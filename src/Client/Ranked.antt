-- ===== src/Client/Ranked.antt =====
-- dacloud.c, the blocks of the servers while they are ranked.
use mathlib.Core.List.{Permᴰ}
use mathlib.Core.List.Perm
use mathlib.Core.Logic.{∥∥₁_elim}
use deviceatlas_cloud_c.Prelude.{
  ℕ, ◌≡◌, refl, sym, ap, ◌∙◌, subst, Option, none, some, List, [], ◌∷◌, ◌++◌, Perm, Bool, ◌&&◌, not,
  inl, inr, Bool-cases, Option-cases, ℤ, Status, failed, front_swap,
}
use deviceatlas_cloud_c.Server.{Server}
use deviceatlas_cloud_c.Ranking.{
  Probes, is_done, measure, rank, servers_fireup, time_of, ret_of, servers_cmp,
}
use deviceatlas_cloud_c.Client.Balance.{blocks_of}

-- The blocks of one server.
abbrev own_blocks : Option (ℕ × ℕ) → List ℕ
own_blocks none = []
own_blocks (some (p, q)) = q ∷ p ∷ []

blocks_of-cons :
    (x : Server) (l : List Server) → blocks_of (x ∷ l) ≡ own_blocks x.blocks ++ blocks_of l
blocks_of-cons x l = elim (Option-cases x.blocks) [
  | inl e ↦ rw (e) refl
  | inr ((p, q), e) ↦ rw (e) refl
]

blocks_of-swap :
    (a b : Server) (l : List Server) → Perm (blocks_of (a ∷ b ∷ l)) (blocks_of (b ∷ a ∷ l))
blocks_of-swap a b l =
    let both : (x y : Server)
        → blocks_of (x ∷ y ∷ l) ≡ own_blocks x.blocks ++ (own_blocks y.blocks ++ blocks_of l) =
      λ x y. blocks_of-cons x (y ∷ l) ∙ ap (λ r. own_blocks x.blocks ++ r) (blocks_of-cons y l) in
    subst (λ r. Perm r (blocks_of (b ∷ a ∷ l))) (sym (both a b))
      (subst (Perm (own_blocks a.blocks ++ (own_blocks b.blocks ++ blocks_of l))) (sym (both b a))
        (front_swap (own_blocks a.blocks) (own_blocks b.blocks) (blocks_of l)))

blocks_of-behind :
    (a : Server) (l r : List Server)
    → Perm (blocks_of l) (blocks_of r)
    → Perm (blocks_of (a ∷ l)) (blocks_of (a ∷ r))
blocks_of-behind a l r h =
    subst (λ b. Perm b (blocks_of (a ∷ r))) (sym (blocks_of-cons a l))
      (subst (Perm (own_blocks a.blocks ++ blocks_of l)) (sym (blocks_of-cons a r))
        (Perm.append_left (own_blocks a.blocks) h))

blocks_of_order : {xs ys : List Server} → Permᴰ xs ys → Perm (blocks_of xs) (blocks_of ys)
blocks_of_order Permᴰ.nil = Perm.rfl
blocks_of_order (Permᴰ.cons {a = a} {l₁ = l} {l₂ = r} e d) =
    subst (λ b. Perm (blocks_of (a ∷ l)) (blocks_of (b ∷ r))) e
      (blocks_of-behind a l r (blocks_of_order d))
blocks_of_order (Permᴰ.swap {a = a} {b = b} {a' = a'} {b' = b'} {l = l} e f) =
    subst (λ x. Perm (blocks_of (a ∷ b ∷ l)) (blocks_of (x ∷ b' ∷ l))) f
      (subst (λ y. Perm (blocks_of (a ∷ b ∷ l)) (blocks_of (b ∷ y ∷ l))) e (blocks_of-swap a b l))
blocks_of_order (Permᴰ.trans d d') = Perm.trans (blocks_of_order d) (blocks_of_order d')

-- The blocks do not depend on the order of the servers.
pub blocks_of-Perm : {xs ys : List Server} → Perm xs ys → Perm (blocks_of xs) (blocks_of ys)
blocks_of-Perm h = ∥∥₁_elim h (hlevel) blocks_of_order

measure-blocks :
    (W : Probes) (net : W.Net) (ret : Status) (servers : List Server)
    → blocks_of (measure W net ret servers).servers ≡ blocks_of servers
unfolding measure
measure-blocks W net ret [] = refl
measure-blocks W net ret (s ∷ servers) =
    let (handle, net') = W.easy_init net in
    let (answer, net'') = W.perform net' s.host s.port in
    elim (Bool-cases handle) [
      | inl got ↦
          rw (measure, got)
            (blocks_of-cons (record s { response_time = time_of answer })
                (measure W net'' (ret_of ret answer) servers).servers
              ∙ ap (λ r. own_blocks s.blocks ++ r)
                  (measure-blocks W net'' (ret_of ret answer) servers)
              ∙ sym (blocks_of-cons s servers))
      | inr lost ↦ rw (measure, lost) refl
    ]

-- Where qsort gives the servers in another order, the ranking keeps their blocks.
pub servers_fireup-blocks :
    (W : Probes) (qsort : (Server → Server → ℤ) → List Server → List Server) (net : W.Net)
    (manual_ranking : Bool) (servers : List Server)
    → ((cmp : Server → Server → ℤ) (xs : List Server) → Perm (qsort cmp xs) xs)
    → Perm
        (blocks_of (servers_fireup W qsort net manual_ranking servers).servers)
        (blocks_of servers)
unfolding servers_fireup rank
servers_fireup-blocks W qsort net manual_ranking servers sorts =
    let m = measure W net failed servers in
    let same : Perm (blocks_of m.servers) (blocks_of servers) =
      subst (Perm (blocks_of m.servers)) (measure-blocks W net failed servers) Perm.rfl in
    elim (Bool-cases m.complete) [
      | inl whole ↦ elim (Bool-cases (is_done m.ret && not manual_ranking)) [
        | inl ranked ↦
            rw (servers_fireup, whole, rank, ranked)
              (Perm.trans (blocks_of-Perm (sorts servers_cmp m.servers)) same)
        | inr kept ↦ rw (servers_fireup, whole, rank, kept) same
      ]
      | inr short ↦ rw (servers_fireup, short) same
    ]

▶ [Aim of the task] Output the material verbatim, including every line.

▶ [Response to this task]
filename src/Client/Ranked.antt
-- ===== src/Client/Ranked.antt =====
-- dacloud.c, the blocks of the servers while they are ranked.
use mathlib.Core.List.{Permᴰ}
use mathlib.Core.List.Perm
use mathlib.Core.Logic.{∥∥₁_elim}
use deviceatlas_cloud_c.Prelude.{
  ℕ, ◌≡◌, refl, sym, ap, ◌∙◌, subst, Option, none, some, List, [], ◌∷◌, ◌++◌, Perm, Bool, ◌&&◌, not,
  inl, inr, Bool-cases, Option-cases, ℤ, Status, failed, front_swap,
}
use deviceatlas_cloud_c.Server.{Server}
use deviceatlas_cloud_c.Ranking.{
  Probes, is_done, measure, rank, servers_fireup, time_of, ret_of, servers_cmp,
}
use deviceatlas_cloud_c.Client.Balance.{blocks_of}

-- The blocks of one server.
abbrev own_blocks : Option (ℕ × ℕ) → List ℕ
own_blocks none = []
own_blocks (some (p, q)) = q ∷ p ∷ []

blocks_of-cons :
    (x : Server) (l : List Server) → blocks_of (x ∷ l) ≡ own_blocks x.blocks ++ blocks_of l
blocks_of-cons x l = elim (Option-cases x.blocks) [
  | inl e ↦ rw (e) refl
  | inr ((p, q), e) ↦ rw (e) refl
]

blocks_of-swap :
    (a b : Server) (l : List Server) → Perm (blocks_of (a ∷ b ∷ l)) (blocks_of (b ∷ a ∷ l))
blocks_of-swap a b l =
    let both : (x y : Server)
        → blocks_of (x ∷ y ∷ l) ≡ own_blocks x.blocks ++ (own_blocks y.blocks ++ blocks_of l) =
      λ x y. blocks_of-cons x (y ∷ l) ∙ ap (λ r. own_blocks x.blocks ++ r) (blocks_of-cons y l) in
    subst (λ r. Perm r (blocks_of (b ∷ a ∷ l))) (sym (both a b))
      (subst (Perm (own_blocks a.blocks ++ (own_blocks b.blocks ++ blocks_of l))) (sym (both b a))
        (front_swap (own_blocks a.blocks) (own_blocks b.blocks) (blocks_of l)))

blocks_of-behind :
    (a : Server) (l r : List Server)
    → Perm (blocks_of l) (blocks_of r)
    → Perm (blocks_of (a ∷ l)) (blocks_of (a ∷ r))
blocks_of-behind a l r h =
    subst (λ b. Perm b (blocks_of (a ∷ r))) (sym (blocks_of-cons a l))
      (subst (Perm (own_blocks a.blocks ++ blocks_of l)) (sym (blocks_of-cons a r))
        (Perm.append_left (own_blocks a.blocks) h))

blocks_of_order : {xs ys : List Server} → Permᴰ xs ys → Perm (blocks_of xs) (blocks_of ys)
blocks_of_order Permᴰ.nil = Perm.rfl
blocks_of_order (Permᴰ.cons {a = a} {l₁ = l} {l₂ = r} e d) =
    subst (λ b. Perm (blocks_of (a ∷ l)) (blocks_of (b ∷ r))) e
      (blocks_of-behind a l r (blocks_of_order d))
blocks_of_order (Permᴰ.swap {a = a} {b = b} {a' = a'} {b' = b'} {l = l} e f) =
    subst (λ x. Perm (blocks_of (a ∷ b ∷ l)) (blocks_of (x ∷ b' ∷ l))) f
      (subst (λ y. Perm (blocks_of (a ∷ b ∷ l)) (blocks_of (b ∷ y ∷ l))) e (blocks_of-swap a b l))
blocks_of_order (Permᴰ.trans d d') = Perm.trans (blocks_of_order d) (blocks_of_order d')

-- The blocks do not depend on the order of the servers.
pub blocks_of-Perm : {xs ys : List Server} → Perm xs ys → Perm (blocks_of xs) (blocks_of ys)
blocks_of-Perm h = ∥∥₁_elim h (hlevel) blocks_of_order

measure-blocks :
    (W : Probes) (net : W.Net) (ret : Status) (servers : List Server)
    → blocks_of (measure W net ret servers).servers ≡ blocks_of servers
unfolding measure
measure-blocks W net ret [] = refl
measure-blocks W net ret (s ∷ servers) =
    let (handle, net') = W.easy_init net in
    let (answer, net'') = W.perform net' s.host s.port in
    elim (Bool-cases handle) [
      | inl got ↦
          rw (measure, got)
            (blocks_of-cons (record s { response_time = time_of answer })
                (measure W net'' (ret_of ret answer) servers).servers
              ∙ ap (λ r. own_blocks s.blocks ++ r)
                  (measure-blocks W net'' (ret_of ret answer) servers)
              ∙ sym (blocks_of-cons s servers))
      | inr lost ↦ rw (measure, lost) refl
    ]

-- Where qsort gives the servers in another order, the ranking keeps their blocks.
pub servers_fireup-blocks :
    (W : Probes) (qsort : (Server → Server → ℤ) → List Server → List Server) (net : W.Net)
    (manual_ranking : Bool) (servers : List Server)
    → ((cmp : Server → Server → ℤ) (xs : List Server) → Perm (qsort cmp xs) xs)
    → Perm
        (blocks_of (servers_fireup W qsort net manual_ranking servers).servers)
        (blocks_of servers)
unfolding servers_fireup rank
servers_fireup-blocks W qsort net manual_ranking servers sorts =
    let m = measure W net failed servers in
    let same : Perm (blocks_of m.servers) (blocks_of servers) =
      subst (Perm (blocks_of m.servers)) (measure-blocks W net failed servers) Perm.rfl in
    elim (Bool-cases m.complete) [
      | inl whole ↦ elim (Bool-cases (is_done m.ret && not manual_ranking)) [
        | inl ranked ↦
            rw (servers_fireup, whole, rank, ranked)
              (Perm.trans (blocks_of-Perm (sorts servers_cmp m.servers)) same)
        | inr kept ↦ rw (servers_fireup, whole, rank, kept) same
      ]
      | inr short ↦ rw (servers_fireup, short) same
    ]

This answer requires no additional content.